But Theory is not the core of the Math Tutor, it definitely does not offer a concise and logical exposition, which you could read and learn the material with all depth. That you can find in textbooks, here we focus on what textbooks traditionally lack: Understandable explanation showing how to solve problems. This among other things means that we sometimes refer to things that are covered later, since when solving problems we often draw on methods from different areas; and there is no question that you will not find proofs here.**Methods Survey**offers an overview of techniques of calculation (based on tools covered in the Theory part) and advice on their use; while in Theory, the methods are covered from the point of view of theory, in Methods Survey a different approach is chosen: Given a problem from the chosen area, how can I solve it and how do I recognize what to actually do with it? You will also meet favourite tricks there. In the exposition it is assumed that the reader has a basic idea concerning the notions used and mastered basic tools of calculation.**Solved Problems**are sorted by topics and they try to cover all typical problems and tricks. We also discuss alternative solutions and blind valleys, the focus is not on techniques of calculation but on the decision-making process: How do you recognize which calculation should be performed?**Exercises**offer problems without solutions, but with step-by-steps hints, sorted by topics and difficulty.

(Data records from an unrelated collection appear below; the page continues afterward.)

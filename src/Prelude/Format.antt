-- ===== src/Prelude/Format.antt =====
-- The texts that f-strings build.
pub mod Numbers
use Prim.Native.String.{String}
use Prim.Native.String
use mathlib.Core.Bool.{Bool, true, false}
use mathlib.Core.List.{List, [], ◌∷◌}
use mathlib.Core.Option.{Option, none, some}
use infra_red.Prelude.{ℕ, zero, suc, ◌/◌, ◌%◌, ltb, get_or, str_eq, if◌then◌else◌}

-- `s + t`
infixr 60 ◌^^◌
abbrev pub ◌^^◌ : String → String → String
s ^^ t = String.◌++◌ s t

abbrev decimal_digits : List String
decimal_digits = "0" ∷ "1" ∷ "2" ∷ "3" ∷ "4" ∷ "5" ∷ "6" ∷ "7" ∷ "8" ∷ "9" ∷ []

-- Every call divides by ten, so `n + 1` calls are enough.
decimal : ℕ → ℕ → String
decimal zero n = ""
decimal (suc fuel) n =
    let front = decimal fuel (n / 10) in
    let last = get_or decimal_digits (n % 10) "" in if ltb n 10 then last else front ^^ last

-- `str(n)`
unfoldable pub show : ℕ → String
unfolding decimal
show n = decimal (suc n) n

-- `sep.join(parts)`
unfoldable pub join : String → List String → String
join sep [] = ""
join sep (s ∷ []) = s
join sep (s ∷ t ∷ r) = s ^^ sep ^^ join sep (t ∷ r)

-- the truth value of an optional text: None and "" are false
abbrev pub truthy : Option String → Bool
truthy none = false
truthy (some s) = if str_eq s "" then false else true

-- `h or ""`
abbrev pub or_empty : Option String → String
or_empty none = ""
or_empty (some s) = s

-- `s or d`
abbrev pub text_or : Option String → String → String
text_or none d = d
text_or (some s) d = if str_eq s "" then d else s

-- `s[:n]`
unfoldable pub slice_to : ℕ → String → String
slice_to zero s = ""
slice_to (suc n) String.[] = ""
slice_to (suc n) (String.◌∷◌ c s) = String.◌∷◌ c (slice_to n s)
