-- ===== src/Prelude/Dict.antt =====
-- The dicts of Python with texts as keys, in the order of insertion.
use Prim.Native.String.{String}
use mathlib.Core.Path.{◌≡◌, refl}
use mathlib.Core.List.{List, [], ◌∷◌}
use mathlib.Core.Option.{Option, none, some}
use text.Mathlib.Text.{◌==◌ as str_eq}
use mathlib.Core.Logic.{inl, inr}
use infra_red.Prelude.{if◌then◌else◌, str_eq_refl, Bool-cases}

module _ {ℓ} {V : Type ℓ} where
  -- `d[k] = v`
  abbrev pub put : String → V → List (String × V) → List (String × V)
  put k v [] = (k, v) ∷ []
  put k v ((j, w) ∷ d) = if str_eq j k then (k, v) ∷ d else (j, w) ∷ put k v d

  -- `d.pop(k, None)`
  abbrev pub pop : String → List (String × V) → List (String × V)
  pop k [] = []
  pop k ((j, w) ∷ d) = if str_eq j k then d else (j, w) ∷ pop k d

  -- `d.get(k)`
  abbrev pub entry_of : String → List (String × V) → Option V
  entry_of k [] = none
  entry_of k ((j, w) ∷ d) = if str_eq j k then some w else entry_of k d

  pub entry-put : (k : String) (v : V) (d : List (String × V)) → entry_of k (put k v d) ≡ some v
  entry-put k v [] = rw (str_eq_refl k) refl
  entry-put k v ((j, w) ∷ d) = elim (Bool-cases (str_eq j k)) [
    | inl e ↦ rw (e, str_eq_refl k) refl
    | inr e ↦ rw (e, e) (entry-put k v d)
  ]
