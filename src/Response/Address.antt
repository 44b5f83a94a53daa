-- ===== src/Response/Address.antt =====
-- `_is_safe_ip` of backend/app/autoresponse/engine.py. An address is its number; a network is a
-- first address and the number of host bits. `ip_address` reads a text, and fails with `none`.
use infra_red.Prelude.{
  ℕ, ◌+◌, ◌*◌, ◌/◌, ◌^◌, ◌≤◌, ◌<◌, ◌≡◌, ◌↔◌, ◌⊎◌, String, Bool, true, false, Option, none, some,
  List, [], ◌∷◌, ◌==◌, arith, if◌then◌else◌,
}
use infra_red.Prelude.All.{any}
use infra_red.Prelude.Format.{truthy, text_or}

pub data Addr : Type 0 where
  v4 v6 : ℕ → Addr

pub data Network : Type 0 where
  net4 net6 : ℕ → ℕ → Network

-- `addr in net`
unfoldable pub in_network : Addr → Network → Bool
in_network (v4 n) (net4 base host) = n / 2 ^ host == base / 2 ^ host
in_network (v6 n) (net6 base host) = n / 2 ^ host == base / 2 ^ host
in_network _ _ = false

-- _SAFE_NETWORKS
abbrev pub safe_networks : List Network
safe_networks =
    net4 (10 * 2 ^ 24) 24
    ∷ net4 ((172 * 256 + 16) * 2 ^ 16) 20
    ∷ net4 ((192 * 256 + 168) * 2 ^ 16) 16
    ∷ net4 (127 * 2 ^ 24) 24
    ∷ net6 1 0
    ∷ []

-- `addr.is_loopback`
unfoldable pub is_loopback : Addr → Bool
is_loopback (v4 n) = n / 2 ^ 24 == 127
is_loopback (v6 n) = n == 1

abbrev pub in_any : Addr → List Network → Bool
in_any addr nets = any (in_network addr) nets

-- The part of `_is_safe_ip` after the parse.
unfoldable pub is_safe_addr : List Network → Addr → Bool
is_safe_addr demo_nets addr =
    if is_loopback addr
    then true
    else if in_any addr demo_nets
    then false
    else in_any addr safe_networks

unfoldable pub is_safe_ip : (String → Option Addr) → List Network → Option String → Bool
is_safe_ip ip_address demo_nets ip =
    if truthy ip
    then elim (ip_address (text_or ip "")) [ none ↦ true | some addr ↦ is_safe_addr demo_nets addr ]
    else true

-- In a block of `size` addresses from `first` on.
abbrev pub InBlock : ℕ → ℕ → ℕ → Type 0
InBlock first size n = (first ≤ n) × (n < first + size)

-- With no demonstration networks, exactly the addresses of 10/8, 172.16/12, 192.168/16 and 127/8 are
-- safe from a block among those of IPv4.
pub safe_v4_iff :
    (n : ℕ)
    → (is_safe_addr [] (v4 n) ≡ true) ↔ (
        InBlock 167772160 16777216 n
        ⊎ InBlock 2886729728 1048576 n
        ⊎ InBlock 3232235520 65536 n
        ⊎ InBlock 2130706432 16777216 n)
unfolding is_safe_addr is_loopback in_network
safe_v4_iff n = ground arith

-- A loopback address is safe whatever the demonstration networks are.
pub loopback_safe :
    (nets : List Network) (n : ℕ) → InBlock 2130706432 16777216 n → is_safe_addr nets (v4 n) ≡ true
unfolding is_safe_addr is_loopback
loopback_safe nets n h = ground arith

Math Tutor can be used for instance like this: If you have troubles with understanding the notions, Theory with its explanatory remarks could help. You can also find there explanation of methods that are basic in the area and that form building blocks for further understanding and applications. Basically you find there everything you need to know before you start solving problems.

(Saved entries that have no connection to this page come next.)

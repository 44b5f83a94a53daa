-- ===== src/Agent/Commander.antt =====
-- agent/infrared_agent/commander.py: the commands of the backend on the firewall of the host. Times are
-- seconds. `ip_address` reads a text. `accepts` and `deletes` say whether iptables carries out a command; a
-- deletion also fails where no rule is the one that it names, its comment included.
pub mod Guards
pub mod Life
pub mod Runs
pub mod End
use infra_red.Prelude.{
  ℕ, ◌+◌, ◌*◌, ◌^◌, String, Bool, true, false, not, ◌&&◌, Option, none, some, List, [], ◌∷◌, leb,
  ◌==◌, str_eq, contains, if◌then◌else◌,
}
use infra_red.Prelude.Format.{◌^^◌, show}
use infra_red.Prelude.Dict.{put, pop, entry_of}
use infra_red.Response.Address.{Addr, Network, net4, net6, is_loopback, in_any}

-- The networks of `addr.is_private`.
abbrev octets : ℕ → ℕ → ℕ → ℕ → ℕ
octets a b c d = ((a * 256 + b) * 256 + c) * 256 + d

abbrev pub private_networks : List Network
private_networks =
    net4 0 24
    ∷ net4 (octets 10 0 0 0) 24
    ∷ net4 (octets 127 0 0 0) 24
    ∷ net4 (octets 169 254 0 0) 16
    ∷ net4 (octets 172 16 0 0) 20
    ∷ net4 (octets 192 0 0 0) 3
    ∷ net4 (octets 192 0 0 170) 1
    ∷ net4 (octets 192 0 2 0) 8
    ∷ net4 (octets 192 168 0 0) 16
    ∷ net4 (octets 198 18 0 0) 17
    ∷ net4 (octets 198 51 100 0) 8
    ∷ net4 (octets 203 0 113 0) 8
    ∷ net4 (octets 240 0 0 0) 28
    ∷ net4 (octets 255 255 255 255) 0
    ∷ net6 1 0
    ∷ net6 0 0
    ∷ net6 (0xffff * 2 ^ 32) 32
    ∷ net6 (0x0100 * 2 ^ 112) 64
    ∷ net6 (0x2001 * 2 ^ 112) 105
    ∷ net6 (0x2001_0002 * 2 ^ 96) 80
    ∷ net6 (0x2001_0db8 * 2 ^ 96) 96
    ∷ net6 (0x2001_0010 * 2 ^ 96) 100
    ∷ net6 (0xfc00 * 2 ^ 112) 121
    ∷ net6 (0xfe80 * 2 ^ 112) 118
    ∷ []

-- a DROP rule of the chain INPUT: its source, and the text of its match on a comment, if it has one
pub record Rule : Type 0 where
  pub source : String
  pub comment : Option String

-- BLOCKED_IPS, and the DROP rules of the chain INPUT, the first one first
pub record Host : Type 0 where
  pub blocked_ips : List (String × ℕ)
  pub drop_rules : List Rule

-- the answers of `_block_ip`, with the seconds that they name
pub data Reply : Type 0 where
  invalid_address refused_loopback refused_private iptables_failed : Reply
  ttl_refreshed blocked : ℕ → Reply

-- the rule of `iptables -I INPUT 1 -s ip -j DROP -m comment --comment infrared-block-ttl=..`
unfoldable pub block_rule : String → ℕ → Rule
block_rule ip ttl = record { source = ip; comment = some ("infrared-block-ttl=" ^^ show ttl) }

-- `_block_ip`, where the address may be blocked: from the end of its time, if it is tracked
unfoldable pub block_from : Option ℕ → Bool → ℕ → ℕ → String → Host → Host × Reply
block_from (some old) accepts now ttl ip h =
    (record h { blocked_ips = put ip (now + ttl) h.blocked_ips }, ttl_refreshed ttl)
block_from none accepts now ttl ip h =
    if accepts
    then (
      record {
        blocked_ips = put ip (now + ttl) h.blocked_ips;
        drop_rules = block_rule ip ttl ∷ h.drop_rules;
      },
      blocked ttl,
    )
    else (h, iptables_failed)

abbrev pub effective_ttl : Option ℕ → ℕ
effective_ttl none = 1800
effective_ttl (some s) = if s == 0 then 1800 else s

-- `_block_ip`, from what its text is read as
unfoldable pub block_addr :
    Option Addr → List Network → Bool → ℕ → String → Option ℕ → Host → Host × Reply
unfolding block_from is_loopback
block_addr none demo_cidrs accepts now ip ttl_seconds h = (h, invalid_address)
block_addr (some addr) demo_cidrs accepts now ip ttl_seconds h =
    if is_loopback addr
    then (h, refused_loopback)
    else if in_any addr private_networks && not (in_any addr demo_cidrs)
    then (h, refused_private)
    else block_from (entry_of ip h.blocked_ips) accepts now (effective_ttl ttl_seconds) ip h

-- `_block_ip`
unfoldable pub block_ip :
    (String → Option Addr) → List Network → Bool → ℕ → String → Option ℕ → Host → Host × Reply
unfolding block_addr
block_ip ip_address demo_cidrs accepts now ip ttl_seconds h =
    block_addr (ip_address ip) demo_cidrs accepts now ip ttl_seconds h

-- Does the rule have a match on a comment?
abbrev pub commented : Option String → Bool
commented none = false
commented (some text) = true

-- `iptables -D INPUT -s ip -j DROP`: the first rule that is the one named, which has no comment
abbrev pub delete_rule : String → List Rule → List Rule
delete_rule ip [] = []
delete_rule ip (r ∷ rules) =
    if str_eq r.source ip && not (commented r.comment) then rules else r ∷ delete_rule ip rules

-- `_unblock_ip`: the entry goes whether or not iptables deletes the rule
unfoldable pub unblock_ip : (String → Bool) → String → Host → Host
unblock_ip deletes ip h = record {
  blocked_ips = pop ip h.blocked_ips;
  drop_rules = if deletes ip then delete_rule ip h.drop_rules else h.drop_rules;
}

abbrev pub expired : ℕ → List (String × ℕ) → List String
expired now [] = []
expired now ((ip, exp) ∷ d) = let rest = expired now d in if leb exp now then ip ∷ rest else rest

unfoldable pub unblock_all : (String → Bool) → List String → Host → Host
unfolding unblock_ip
unblock_all deletes [] h = h
unblock_all deletes (ip ∷ ips) h = unblock_all deletes ips (unblock_ip deletes ip h)

-- one round of `ttl_expiry_loop`
unfoldable pub sweep : (String → Bool) → ℕ → Host → Host
unfolding unblock_all
sweep deletes now h = unblock_all deletes (expired now h.blocked_ips) h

If you have a feeling that you have some idea what is going on, but have trouble with practical application of your knowledge, try Methods Survey. Here we attempt to systematize knowledge, from mastered basic methods we develop algorithms for solving specific types of problems. For instance, if you are studying integrals, it is assumed that when reading Methods Survey, you already know how to perform (mechanically) substitution, integration by parts and partial fractions decomposition (they are covered in Theory); this knowledge is then applied to various types of integral.

Solved problems are really useful if you already know something about the methods (best if you have already learend the material in Methods Survey), so when you are reading a solution, you can compare the chosen procedure with what you learned theoretically.

Exercises are chosen to cover typical problems of varying difficulty. It is strongly recommended that you first attempt to solve them on your own. You learn best if you first try to solve a problem, and only after finishing the calculation (or getting stuck) ask what to do (the frustration and other strong emotions will then etch the solution in your memory). If you do not have enough time, it may still help if you just loook at a problem, think of the method you would apply and then check whether you were correct; in this way you will strengthen the association between types of problems and corresponding methods.